Критика 1830—1840-х годов, подводил итог своим рассуждениям Дружинин, имела серьезные методологические основания, на базе которых «начала применять воззрения эти ко всем главным явлениям текущей русской литературы», и «гегелевское воззрение, искусно приложенное к потребностям русского искусства, начинало укореняться в нашей словесности» (199).
Новый – современный – этап развития критики Дружинин воспринимал с горечью: «начали появляться печальные симптомы, заставлявшие предполагать в ней <в критике> начала разлада с теориями, недавно ею высказанными. Мысли, почерпнутые у Гегеля, начали появляться реже и реже; с каждым месяцем чаще стали показываться в критике нашей понятия и убеждения, составлявшие странный контраст с принципами, недавно ею высказанными. Человек, привычный к терминологии, взятой у Гегеля, своими ушами слушавший живую речь усопшего профессора, мог легко подсмотреть фундаментальные уклонения от теорий великого мыслителя. Читатель, постоянно следивший за ходом новейших эстетических воззрений в Германии, один был в состоянии уяснить себе причину таковых уклонений, но читателей подобного рода было немного между русскими читателями» (199–200).
Причины происходящего Дружинин видел в том, что «слово Гегеля начинало утрачивать свою силу в самой Германии», поскольку «бывшие ученики великого мыслителя, далеко низшие его дарованием, составили новую философскую школу» (200). Этой школой Дружинин назвал младогегельянцев. Помимо Б. Бауэра, младогегельянцем в 1840-е годы был Л. Фейербах, отвергнувший ради материализма не только объективно-идеалистическую философию Гегеля, но и его диалектику. Поэтому, согласно убеждениям Дружинина, это «школа отрицательного направления», однако «воззрения этой странной, ныне расслабленной, школы быстро пошли в ход в Германии, как идет в ход все эффектное, яркое, задорное» (200).
Центральной мыслью Дружинина, развиваемой в статье, является указание на то, что в науке и критике есть два противоположных направления в понимании природы, сущности и значения искусства в жизни общества – «артистическое» и «дидактическое». «Артистическое» направление живет и развивается под «лозунгом чистого искусства для искусства»; «дидактическое» стремится «действовать на нравы, быт и понятия человека через прямое его поучение» (200).
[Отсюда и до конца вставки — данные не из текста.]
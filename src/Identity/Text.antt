-- ===== src/Identity/Text.antt =====
-- encoding/base32 without padding, and `group` of core/pkg/identity/identity.go.
use stunner.Base.{ℕ, suc, ◌+◌, ◌-◌, ◌*◌, ◌/◌, ◌%◌, ◌&&◌, List, [], ◌∷◌, ltb, ◌==◌, if◌then◌else◌}
use stunner.Base.Bytes.{Bytes}

-- The eight bits of a byte, the highest first, in front of `rest`.
unfoldable pub byte_bits : ℕ → List ℕ → List ℕ
byte_bits b rest =
    (b / 128 % 2)
    ∷ (b / 64 % 2)
    ∷ (b / 32 % 2)
    ∷ (b / 16 % 2)
    ∷ (b / 8 % 2)
    ∷ (b / 4 % 2)
    ∷ (b / 2 % 2)
    ∷ (b % 2)
    ∷ rest

unfoldable pub bits : Bytes → List ℕ
unfolding byte_bits
bits [] = []
bits (b ∷ bs) = byte_bits b (bits bs)

-- "A" to "Z", then "2" to "7".
unfoldable pub base32_digit : ℕ → ℕ
base32_digit d = if ltb d 26 then b'A' + d else b'2' + (d - 26)

-- One digit for five bits; the last group is filled up with zeros.
unfoldable pub base32_digits : List ℕ → Bytes
unfolding base32_digit
base32_digits [] = []
base32_digits (a ∷ []) = base32_digit (a * 16) ∷ []
base32_digits (a ∷ b ∷ []) = base32_digit (a * 16 + b * 8) ∷ []
base32_digits (a ∷ b ∷ c ∷ []) = base32_digit (a * 16 + b * 8 + c * 4) ∷ []
base32_digits (a ∷ b ∷ c ∷ d ∷ []) = base32_digit (a * 16 + b * 8 + c * 4 + d * 2) ∷ []
base32_digits (a ∷ b ∷ c ∷ d ∷ e ∷ rest) =
    base32_digit (a * 16 + b * 8 + c * 4 + d * 2 + e) ∷ base32_digits rest

unfoldable pub base32 : Bytes → Bytes
unfolding bits base32_digits
base32 b = base32_digits (bits b)

-- The loop of `group` from position `i`; the text is ASCII, so a rune is a byte.
unfoldable pub group_from : ℕ → Bytes → ℕ → Bytes
group_from i [] n = []
group_from i (r ∷ s) n =
    let rest = group_from (suc i) s n in
    if ltb 0 i && (i % n == 0) then b' ' ∷ r ∷ rest else r ∷ rest

unfoldable pub group : Bytes → ℕ → Bytes
unfolding group_from
group s n = if n == 0 then s else group_from 0 s n

-- The text with its spaces left out.
pub unspaced : Bytes → Bytes
unspaced [] = []
unspaced (c ∷ s) = let rest = unspaced s in if c == b' ' then rest else c ∷ rest
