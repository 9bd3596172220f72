-- ===== src/Identity.antt =====
-- core/pkg/identity: the long-term keys, fingerprints and the serialized form.
pub mod Text
pub mod Marshal
use stunner.Base.{
  ℕ, ◌≡◌, Bool, true, false, Option, none, some, List, [], ◌∷◌, ◌++◌, ◌==◌, if◌then◌else◌, length,
  take, drop,
}
use stunner.Base.Bytes.{Bytes}
use stunner.Base.Result.{
  Error, Result, ok, err, ◌>>=◌, ◌>>◌, check, signing_key_not_initialized, invalid_marshaled_length,
  bad_public_key,
}
use stunner.Crypto.Primitives.{Primitives}
use Text.{base32, group}

pub record Identity : Type 0 where
  pub signing_pub : Bytes
  pub signing_priv : Bytes
  pub agreement_priv : Bytes

module _ (p : Primitives) where
  open p use {sha256, public, sign_public, sign, verify}

  -- `Generate`: the arguments are what the two GenerateKey calls return.
  unfoldable pub generate : Result Bytes → Result Bytes → Result Identity
  generate ed x = do
    signing ← ed
    agreement ← x
    ok (record {
      signing_pub = sign_public signing;
      signing_priv = signing;
      agreement_priv = agreement;
    })

  unfoldable pub agreement_pub : Identity → Bytes
  agreement_pub id = public id.agreement_priv

  unfoldable pub fingerprint : Bytes → Bytes
  fingerprint pub_key = group (base32 (sha256 pub_key)) 5

  unfoldable pub discovery_key : Bytes → Bytes → Bytes
  discovery_key pub_key salt = sha256 (pub_key ++ salt)

  -- `Verify`
  unfoldable pub verify_signature : Bytes → Bytes → Bytes → Bool
  verify_signature pub_key message signature =
      if length pub_key == 32 then verify pub_key message signature else false

  -- `Sign`
  unfoldable pub sign_message : Identity → Bytes → Result Bytes
  sign_message id message = do
    check (length id.signing_priv == 64) signing_key_not_initialized
    ok (sign id.signing_priv message)

  unfoldable pub marshal : Identity → Bytes
  marshal id = id.signing_priv ++ id.agreement_priv

  -- `Unmarshal`. NewPrivateKey takes any 32 bytes.
  unfoldable pub unmarshal : Bytes → Result Identity
  unmarshal b = do
    check (length b == 96) invalid_marshaled_length
    check (length (drop 64 b) == 32) bad_public_key
    ok (record {
      signing_pub = sign_public (take 64 b);
      signing_priv = take 64 b;
      agreement_priv = drop 64 b;
    })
Дружинин – последовательный сторонник и идеолог первой теории. Более того, формулируя основные требования этой концепции, Дружинин выявил предельные характеристики, подчеркивая, что использует оценки представителей противостоящего лагеря. Он писал: «Мы нарочно изображаем поэта, проникнутого крайней артистической теорией искусства, так, как привыкли его изображать противники этой теории» (201; курсив мой. – М.Л.).